3.4. Effects of the Native HemD on UP Biosynthesis To investigate the effects of the native HemD on UP biosynthesis, we derived a plasmid pK-hemABD for overexpressing the native hemB and hemD with hemA from R. sphaeroides in CPC-Sbm∆iclRsdhA and CPC-Sbm∆sdhA, resulting in DMD and SMD strains, respectively. We excluded hemC as its overexpression was detrimental to the Shemin/C4 pathway for porphyrin biosynthesis. DMD had a similar growth pattern and glycerol consumption rate to DMB during aerobic cultivation and significant acetogenesis (Figure 7A). Notably, DMD produced high levels of 5-ALA and PBG, peaking at 196.0 mg/L (18.2 mg/OD600/L) and 1117.0 mg/L (83.16 mg/OD600/L) at 57 h, respectively (Figure 7B). Similar to DMB with significant pigmentation, DMD produced a total UP of 826.45 mg/L (comprising 538.9 mg/L UP-I and 287.5 mg/L UP-III, at 3.18% and 1.7% yields, respectively) (Figure 7C,D).
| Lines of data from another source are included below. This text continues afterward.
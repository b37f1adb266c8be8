-- ===== src/Http/Toy.antt =====
-- A coding of lists of texts, as an instance of what JSON is relied on for.
use lean_sandbox.Common.{
  ℕ, ◌+◌, ◌-◌, ◌≡◌, ◌≢◌, refl, sym, ap, ◌∙◌, zero, suc, false, Option, none, some, List, [], ◌∷◌,
  ◌++◌, All, All-append, arith, ◌==◌, if◌then◌else◌,
}
use mathlib.Core.Path.{subst}
use lean_sandbox.Common.Int.{pos}
use lean_sandbox.Common.Text.{Bytes, text}
use lean_sandbox.Common.Paths.{push_byte}
use lean_sandbox.Api.{EventType, StreamEvent, SandboxView}
use lean_sandbox.Http.{Coder, IsLawful}
use lean_sandbox.Jwt.Toy.{shift, tag, size, number, number-tag}

-- Bytes are shifted past the byte 20, which ends each text.
abbrev pub write_parts : List Bytes → Bytes
write_parts [] = []
write_parts (p ∷ ps) = shift p ++ 20 ∷ write_parts ps

unfoldable pub read_parts : Bytes → List Bytes
read_parts [] = []
read_parts (c ∷ s) =
    let rest = read_parts s in if c == 20 then [] ∷ rest else push_byte (c - 47) rest

read_part : (p s : Bytes) → read_parts (shift p ++ 20 ∷ s) ≡ p ∷ read_parts s
unfolding read_parts
read_part [] s = refl
read_part (c ∷ p) s =
    let e : (c + 47 == 20) ≡ false = ground arith in
    let f : c + 47 - 47 ≡ c = omega arith in rw (e, read_part p s, f) refl

pub read_parts-write_parts : (ps : List Bytes) → read_parts (write_parts ps) ≡ ps
read_parts-write_parts [] = unfold read_parts in refl
read_parts-write_parts (p ∷ ps) =
    read_part p (write_parts ps) ∙ ap (◌∷◌ p) (read_parts-write_parts ps)

abbrev InLine : Bytes → Type 0
InLine = All (λ c. (c ≢ b'\n') × (c ≢ 13))

shift-InLine : (p : Bytes) → InLine (shift p)
shift-InLine [] = tt
shift-InLine (c ∷ p) = (((λ e. absurd (omega arith)), (λ e. absurd (omega arith))), shift-InLine p)

write_parts-InLine : (ps : List Bytes) → InLine (write_parts ps)
write_parts-InLine [] = tt
write_parts-InLine (p ∷ ps) =
    All-append (λ c. (c ≢ b'\n') × (c ≢ 13)) (shift p) (20 ∷ write_parts ps) (shift-InLine p)
      (((λ e. absurd (omega arith)), (λ e. absurd (omega arith))), write_parts-InLine ps)

abbrev value : Option Bytes → Bytes
value none = []
value (some b) = b

abbrev pub coder : {A : Type 0} → (A → List Bytes) → (List Bytes → A × Option Bytes) → Coder A
coder f g = record { marshal = λ a. some (write_parts (f a)); unmarshal = λ b. g (read_parts b) }

pub coder-IsLawful :
    {A : Type 0} (f : A → List Bytes) (g : List Bytes → A × Option Bytes)
    → ((a : A) → g (f a) ≡ (a, none))
    → IsLawful (coder f g)
coder-IsLawful f g h = record {
  unmarshal_marshal = λ a b e.
      ap (λ t. g (read_parts t)) (sym (ap value e)) ∙ ap g (read_parts-write_parts (f a)) ∙ h a;
}

abbrev view_parts : SandboxView → List Bytes
view_parts v = (v.id ∷ []) ∷ v.image ∷ v.status ∷ v.endpoint ∷ v.access_token ∷ []

abbrev view_of : List Bytes → SandboxView × Option Bytes
view_of ((id ∷ []) ∷ image ∷ status ∷ endpoint ∷ token ∷ []) = (
  record { id = id; image = image; status = status; endpoint = endpoint; access_token = token },
  none,
)
view_of _ = (
  record { id = 0; image = []; status = []; endpoint = []; access_token = [] },
  some (text "EOF"),
)

abbrev pub views : Coder SandboxView
views = coder view_parts view_of

pub views-IsLawful : IsLawful views
views-IsLawful = coder-IsLawful view_parts view_of (λ v. refl)

abbrev pub errors : Coder Bytes
errors = record { marshal = λ e. some e; unmarshal = λ b. (b, none) }

pub errors-IsLawful : IsLawful errors
errors-IsLawful = record { unmarshal_marshal = λ a b e. ap (λ t. (value t, none)) (sym e) }

abbrev type_tag : EventType → ℕ
type_tag EventType.stdout = 0
type_tag EventType.stderr = 1
type_tag EventType.done = 2

abbrev type_of : ℕ → EventType
type_of zero = EventType.stdout
type_of (suc zero) = EventType.stderr
type_of (suc (suc n)) = EventType.done

abbrev event_parts : StreamEvent → List Bytes
event_parts e =
    (type_tag e.type ∷ []) ∷ e.chunk ∷ (tag e.exit_code ∷ size e.exit_code ∷ []) ∷ e.error ∷ []

abbrev event_of : List Bytes → StreamEvent × Option Bytes
event_of ((t ∷ []) ∷ chunk ∷ (a ∷ b ∷ []) ∷ error ∷ []) =
    (record { type = type_of t; chunk = chunk; exit_code = number a b; error = error }, none)
event_of _ =
    (record { type = EventType.done; chunk = []; exit_code = pos 0; error = [] }, some (text "EOF"))

abbrev pub events : Coder StreamEvent
events = coder event_parts event_of

type_of-type_tag : (t : EventType) → type_of (type_tag t) ≡ t
type_of-type_tag EventType.stdout = refl
type_of-type_tag EventType.stderr = refl
type_of-type_tag EventType.done = refl

pub events-IsLawful : IsLawful events
events-IsLawful =
    coder-IsLawful event_parts event_of
      (λ e. rw (type_of-type_tag e.type, number-tag e.exit_code) refl)

pub events-InLine : (e : StreamEvent) (b : Bytes) → events.marshal e ≡ some b → InLine b
events-InLine e b m = subst (λ o. InLine (value o)) m (write_parts-InLine (event_parts e))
Note that the distribution of UP-I and UP-III in DMD resembled that of DMB, suggesting that hemD overexpression did not enhance the metabolic flux toward the classical pathway, suggesting that conversion of HMB via the autoxidation reaction was more effective than the enzymatic reaction by HemD even upon hemD overexpression.
Figure 7. Bioreactor cultivation of DMD for porphyrin biosynthesis. Time profiles of (A) cell density (OD600), glycerol consumption, and acetate/succinate formation, (B) 5-ALA and PBG biosynthesis, and (C) UP biosynthesis. (D) Image of CFM and cell paste samples at different time points. The red arrow shows glycine supplementation. All values are reported as means ± SD (n = 2).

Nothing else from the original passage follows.